__How to complete this task__
What lines of the data below hold the string "subst"? Copy each one.
[Start of section]
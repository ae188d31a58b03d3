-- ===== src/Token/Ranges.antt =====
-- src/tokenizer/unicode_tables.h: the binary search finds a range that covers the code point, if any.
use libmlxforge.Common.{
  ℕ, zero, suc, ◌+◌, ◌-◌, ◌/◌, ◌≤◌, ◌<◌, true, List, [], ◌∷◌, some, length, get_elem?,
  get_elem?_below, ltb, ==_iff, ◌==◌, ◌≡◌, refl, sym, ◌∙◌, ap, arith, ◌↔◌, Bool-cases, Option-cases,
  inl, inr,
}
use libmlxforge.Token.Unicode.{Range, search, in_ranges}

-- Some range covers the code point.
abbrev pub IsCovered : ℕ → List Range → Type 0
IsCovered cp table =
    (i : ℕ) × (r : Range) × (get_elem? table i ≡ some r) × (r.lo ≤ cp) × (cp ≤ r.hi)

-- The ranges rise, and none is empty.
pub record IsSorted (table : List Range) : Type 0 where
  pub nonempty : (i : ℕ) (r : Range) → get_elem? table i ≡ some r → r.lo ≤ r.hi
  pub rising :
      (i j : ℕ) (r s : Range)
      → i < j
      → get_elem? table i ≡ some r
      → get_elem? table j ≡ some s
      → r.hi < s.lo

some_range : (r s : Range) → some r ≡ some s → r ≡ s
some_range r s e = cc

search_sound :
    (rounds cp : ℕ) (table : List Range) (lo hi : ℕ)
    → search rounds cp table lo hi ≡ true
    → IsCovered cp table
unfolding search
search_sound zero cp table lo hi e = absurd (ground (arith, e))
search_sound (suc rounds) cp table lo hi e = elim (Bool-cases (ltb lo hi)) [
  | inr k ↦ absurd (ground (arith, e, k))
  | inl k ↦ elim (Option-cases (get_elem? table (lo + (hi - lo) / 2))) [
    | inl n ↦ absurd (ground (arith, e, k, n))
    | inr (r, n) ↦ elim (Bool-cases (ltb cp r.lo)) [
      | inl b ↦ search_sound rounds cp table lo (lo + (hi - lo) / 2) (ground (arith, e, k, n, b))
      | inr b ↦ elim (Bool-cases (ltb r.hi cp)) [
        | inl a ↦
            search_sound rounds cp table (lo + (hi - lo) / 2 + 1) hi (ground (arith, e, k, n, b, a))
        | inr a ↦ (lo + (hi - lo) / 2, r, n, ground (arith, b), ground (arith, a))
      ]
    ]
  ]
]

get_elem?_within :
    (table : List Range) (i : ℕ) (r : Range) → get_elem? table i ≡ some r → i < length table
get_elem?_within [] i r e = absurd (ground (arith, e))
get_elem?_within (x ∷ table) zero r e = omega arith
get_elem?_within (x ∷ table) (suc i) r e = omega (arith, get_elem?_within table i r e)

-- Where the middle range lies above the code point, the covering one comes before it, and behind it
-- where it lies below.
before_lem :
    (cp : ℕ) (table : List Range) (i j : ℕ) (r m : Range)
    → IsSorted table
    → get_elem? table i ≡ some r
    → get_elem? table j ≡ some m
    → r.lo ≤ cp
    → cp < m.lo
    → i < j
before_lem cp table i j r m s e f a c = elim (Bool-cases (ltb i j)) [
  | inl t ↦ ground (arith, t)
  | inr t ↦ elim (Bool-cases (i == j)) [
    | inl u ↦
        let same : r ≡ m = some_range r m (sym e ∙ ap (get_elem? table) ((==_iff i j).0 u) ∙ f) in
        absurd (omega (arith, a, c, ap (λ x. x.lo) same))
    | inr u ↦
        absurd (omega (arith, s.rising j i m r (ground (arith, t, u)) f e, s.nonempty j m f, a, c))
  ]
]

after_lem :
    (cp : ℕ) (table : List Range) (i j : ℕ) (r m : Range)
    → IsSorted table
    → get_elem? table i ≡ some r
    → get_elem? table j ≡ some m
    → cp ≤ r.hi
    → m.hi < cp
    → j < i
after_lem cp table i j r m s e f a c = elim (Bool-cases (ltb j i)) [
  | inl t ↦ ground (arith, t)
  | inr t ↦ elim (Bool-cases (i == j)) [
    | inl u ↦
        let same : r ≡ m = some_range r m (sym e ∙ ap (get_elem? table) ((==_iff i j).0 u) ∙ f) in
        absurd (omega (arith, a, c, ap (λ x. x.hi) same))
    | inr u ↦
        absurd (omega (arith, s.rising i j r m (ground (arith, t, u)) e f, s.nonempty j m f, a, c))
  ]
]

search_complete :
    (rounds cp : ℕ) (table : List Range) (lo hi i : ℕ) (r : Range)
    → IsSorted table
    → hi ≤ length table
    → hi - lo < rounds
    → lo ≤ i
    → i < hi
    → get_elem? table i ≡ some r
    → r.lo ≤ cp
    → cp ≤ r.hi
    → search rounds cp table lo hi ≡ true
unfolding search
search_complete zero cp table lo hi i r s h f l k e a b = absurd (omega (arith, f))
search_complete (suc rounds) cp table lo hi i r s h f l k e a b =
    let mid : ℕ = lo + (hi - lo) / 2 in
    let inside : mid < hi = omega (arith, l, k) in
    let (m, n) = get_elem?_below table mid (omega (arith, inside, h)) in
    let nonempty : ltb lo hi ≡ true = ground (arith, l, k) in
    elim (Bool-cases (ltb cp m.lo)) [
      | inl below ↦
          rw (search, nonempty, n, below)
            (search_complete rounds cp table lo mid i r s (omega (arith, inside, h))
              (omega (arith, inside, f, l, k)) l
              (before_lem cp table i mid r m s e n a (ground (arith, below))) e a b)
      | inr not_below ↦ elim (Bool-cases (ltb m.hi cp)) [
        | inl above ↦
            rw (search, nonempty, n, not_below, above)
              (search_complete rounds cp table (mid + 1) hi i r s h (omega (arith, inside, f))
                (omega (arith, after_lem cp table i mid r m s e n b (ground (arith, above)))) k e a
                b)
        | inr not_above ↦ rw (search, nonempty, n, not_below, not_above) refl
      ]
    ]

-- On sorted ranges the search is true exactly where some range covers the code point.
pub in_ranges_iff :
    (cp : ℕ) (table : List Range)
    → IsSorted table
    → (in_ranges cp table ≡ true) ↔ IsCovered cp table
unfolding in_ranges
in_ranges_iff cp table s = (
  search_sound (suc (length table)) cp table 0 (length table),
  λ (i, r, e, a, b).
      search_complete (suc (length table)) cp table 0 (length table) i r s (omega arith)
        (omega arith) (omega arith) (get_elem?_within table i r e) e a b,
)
[End of section]
[Start of section]
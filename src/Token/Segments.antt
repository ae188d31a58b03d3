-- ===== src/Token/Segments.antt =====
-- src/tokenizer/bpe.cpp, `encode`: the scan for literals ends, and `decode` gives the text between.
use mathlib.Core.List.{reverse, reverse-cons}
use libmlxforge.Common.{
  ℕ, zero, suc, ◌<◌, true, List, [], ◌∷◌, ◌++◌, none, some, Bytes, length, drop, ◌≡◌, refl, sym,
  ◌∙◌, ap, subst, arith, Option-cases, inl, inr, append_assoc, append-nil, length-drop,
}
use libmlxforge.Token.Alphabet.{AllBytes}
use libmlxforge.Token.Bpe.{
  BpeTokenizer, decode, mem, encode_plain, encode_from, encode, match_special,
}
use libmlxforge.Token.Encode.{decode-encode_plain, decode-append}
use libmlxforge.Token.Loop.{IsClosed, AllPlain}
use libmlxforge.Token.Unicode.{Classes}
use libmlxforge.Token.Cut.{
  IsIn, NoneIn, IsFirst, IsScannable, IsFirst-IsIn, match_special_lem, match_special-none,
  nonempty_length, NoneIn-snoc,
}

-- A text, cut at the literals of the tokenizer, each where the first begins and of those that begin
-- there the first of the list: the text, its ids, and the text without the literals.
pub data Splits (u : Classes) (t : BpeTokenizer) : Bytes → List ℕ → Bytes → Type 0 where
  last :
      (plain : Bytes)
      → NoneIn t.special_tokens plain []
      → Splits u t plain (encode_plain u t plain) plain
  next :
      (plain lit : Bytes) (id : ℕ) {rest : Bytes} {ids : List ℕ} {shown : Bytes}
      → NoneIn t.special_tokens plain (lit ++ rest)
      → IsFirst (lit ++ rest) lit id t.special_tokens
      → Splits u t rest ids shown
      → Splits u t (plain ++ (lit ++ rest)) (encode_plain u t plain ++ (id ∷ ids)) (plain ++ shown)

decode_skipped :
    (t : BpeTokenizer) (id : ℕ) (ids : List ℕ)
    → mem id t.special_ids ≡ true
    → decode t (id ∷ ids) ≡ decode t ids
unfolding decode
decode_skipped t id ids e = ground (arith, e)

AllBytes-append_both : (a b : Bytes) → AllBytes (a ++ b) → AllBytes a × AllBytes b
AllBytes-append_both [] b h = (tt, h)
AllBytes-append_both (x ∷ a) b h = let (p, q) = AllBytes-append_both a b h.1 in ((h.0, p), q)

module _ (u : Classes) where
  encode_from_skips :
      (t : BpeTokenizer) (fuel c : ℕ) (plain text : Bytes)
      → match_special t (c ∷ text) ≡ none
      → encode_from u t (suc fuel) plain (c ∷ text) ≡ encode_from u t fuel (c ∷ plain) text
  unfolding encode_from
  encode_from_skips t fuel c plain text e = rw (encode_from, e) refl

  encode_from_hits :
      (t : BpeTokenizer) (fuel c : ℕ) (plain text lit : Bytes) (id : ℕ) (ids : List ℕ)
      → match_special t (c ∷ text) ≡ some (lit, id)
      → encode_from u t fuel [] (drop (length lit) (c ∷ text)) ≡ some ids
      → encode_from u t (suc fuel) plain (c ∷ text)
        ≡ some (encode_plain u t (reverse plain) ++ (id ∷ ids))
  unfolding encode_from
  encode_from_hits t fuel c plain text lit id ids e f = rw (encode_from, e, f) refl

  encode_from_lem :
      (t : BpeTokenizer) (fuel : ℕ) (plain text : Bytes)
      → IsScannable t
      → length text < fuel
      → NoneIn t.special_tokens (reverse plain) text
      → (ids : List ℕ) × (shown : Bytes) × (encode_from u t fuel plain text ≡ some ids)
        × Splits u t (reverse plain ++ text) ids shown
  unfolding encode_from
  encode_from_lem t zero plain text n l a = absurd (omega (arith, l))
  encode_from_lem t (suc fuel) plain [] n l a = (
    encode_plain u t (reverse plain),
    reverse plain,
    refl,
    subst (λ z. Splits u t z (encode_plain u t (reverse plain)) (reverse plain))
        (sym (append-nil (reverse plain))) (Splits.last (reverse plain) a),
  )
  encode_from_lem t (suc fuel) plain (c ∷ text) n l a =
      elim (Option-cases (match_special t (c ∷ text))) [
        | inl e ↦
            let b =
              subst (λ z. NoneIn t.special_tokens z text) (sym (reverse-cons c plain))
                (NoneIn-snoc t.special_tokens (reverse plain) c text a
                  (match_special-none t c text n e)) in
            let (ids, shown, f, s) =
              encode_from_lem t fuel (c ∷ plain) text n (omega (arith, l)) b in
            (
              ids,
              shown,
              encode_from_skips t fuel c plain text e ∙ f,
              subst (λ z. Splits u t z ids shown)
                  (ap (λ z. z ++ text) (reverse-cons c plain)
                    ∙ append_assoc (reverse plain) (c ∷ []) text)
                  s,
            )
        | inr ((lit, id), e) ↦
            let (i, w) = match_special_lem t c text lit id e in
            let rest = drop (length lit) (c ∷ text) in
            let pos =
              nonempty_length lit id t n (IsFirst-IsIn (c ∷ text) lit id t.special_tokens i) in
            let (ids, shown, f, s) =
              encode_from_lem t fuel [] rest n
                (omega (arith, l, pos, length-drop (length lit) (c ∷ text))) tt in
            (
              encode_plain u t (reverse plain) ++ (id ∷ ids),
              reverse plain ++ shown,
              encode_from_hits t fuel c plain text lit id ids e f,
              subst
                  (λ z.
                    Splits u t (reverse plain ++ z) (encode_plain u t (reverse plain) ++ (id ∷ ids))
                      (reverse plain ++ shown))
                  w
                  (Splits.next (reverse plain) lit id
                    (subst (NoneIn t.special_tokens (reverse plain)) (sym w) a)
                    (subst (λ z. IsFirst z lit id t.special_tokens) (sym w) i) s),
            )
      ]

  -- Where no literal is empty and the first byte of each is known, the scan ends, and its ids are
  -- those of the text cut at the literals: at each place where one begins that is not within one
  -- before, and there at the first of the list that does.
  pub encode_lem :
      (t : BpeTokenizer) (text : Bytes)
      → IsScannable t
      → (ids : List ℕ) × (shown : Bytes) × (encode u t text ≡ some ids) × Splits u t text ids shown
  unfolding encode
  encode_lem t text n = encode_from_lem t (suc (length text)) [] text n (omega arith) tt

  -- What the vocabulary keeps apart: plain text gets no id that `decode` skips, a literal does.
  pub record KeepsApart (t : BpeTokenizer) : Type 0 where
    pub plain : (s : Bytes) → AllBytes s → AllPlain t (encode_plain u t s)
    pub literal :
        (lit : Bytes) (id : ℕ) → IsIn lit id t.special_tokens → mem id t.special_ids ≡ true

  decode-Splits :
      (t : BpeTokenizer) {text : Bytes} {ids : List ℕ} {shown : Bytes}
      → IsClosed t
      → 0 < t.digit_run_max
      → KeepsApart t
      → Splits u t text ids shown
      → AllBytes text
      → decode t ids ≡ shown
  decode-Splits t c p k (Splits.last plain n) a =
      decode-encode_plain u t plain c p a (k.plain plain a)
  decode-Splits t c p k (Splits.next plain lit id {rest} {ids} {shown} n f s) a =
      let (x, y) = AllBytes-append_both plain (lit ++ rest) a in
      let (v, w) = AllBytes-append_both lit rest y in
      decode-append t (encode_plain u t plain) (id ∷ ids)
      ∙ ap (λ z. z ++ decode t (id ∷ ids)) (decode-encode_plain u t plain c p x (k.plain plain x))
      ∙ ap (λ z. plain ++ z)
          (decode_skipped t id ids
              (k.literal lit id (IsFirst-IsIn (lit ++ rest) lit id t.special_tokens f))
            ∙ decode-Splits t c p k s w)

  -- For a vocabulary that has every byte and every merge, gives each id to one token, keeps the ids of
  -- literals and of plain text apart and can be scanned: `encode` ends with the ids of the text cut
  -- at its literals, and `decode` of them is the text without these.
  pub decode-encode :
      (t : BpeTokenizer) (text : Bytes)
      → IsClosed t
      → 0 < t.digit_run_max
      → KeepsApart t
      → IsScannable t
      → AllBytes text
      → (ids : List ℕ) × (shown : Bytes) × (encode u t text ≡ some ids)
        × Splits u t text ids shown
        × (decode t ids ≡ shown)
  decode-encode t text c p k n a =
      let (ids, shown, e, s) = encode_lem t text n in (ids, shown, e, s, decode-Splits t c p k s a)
[End of section]
__Answer space__
  ◌∙◌, ap, subst, arith, Option-cases, inl, inr, append_assoc, append-nil, length-drop,
    subst (λ z. Splits u t z (encode_plain u t (reverse plain)) (reverse plain))
              subst (λ z. NoneIn t.special_tokens z text) (sym (reverse-cons c plain))
              subst (λ z. Splits u t z ids shown)
              subst
                    (subst (NoneIn t.special_tokens (reverse plain)) (sym w) a)
                    (subst (λ z. IsFirst z lit id t.special_tokens) (sym w) i) s),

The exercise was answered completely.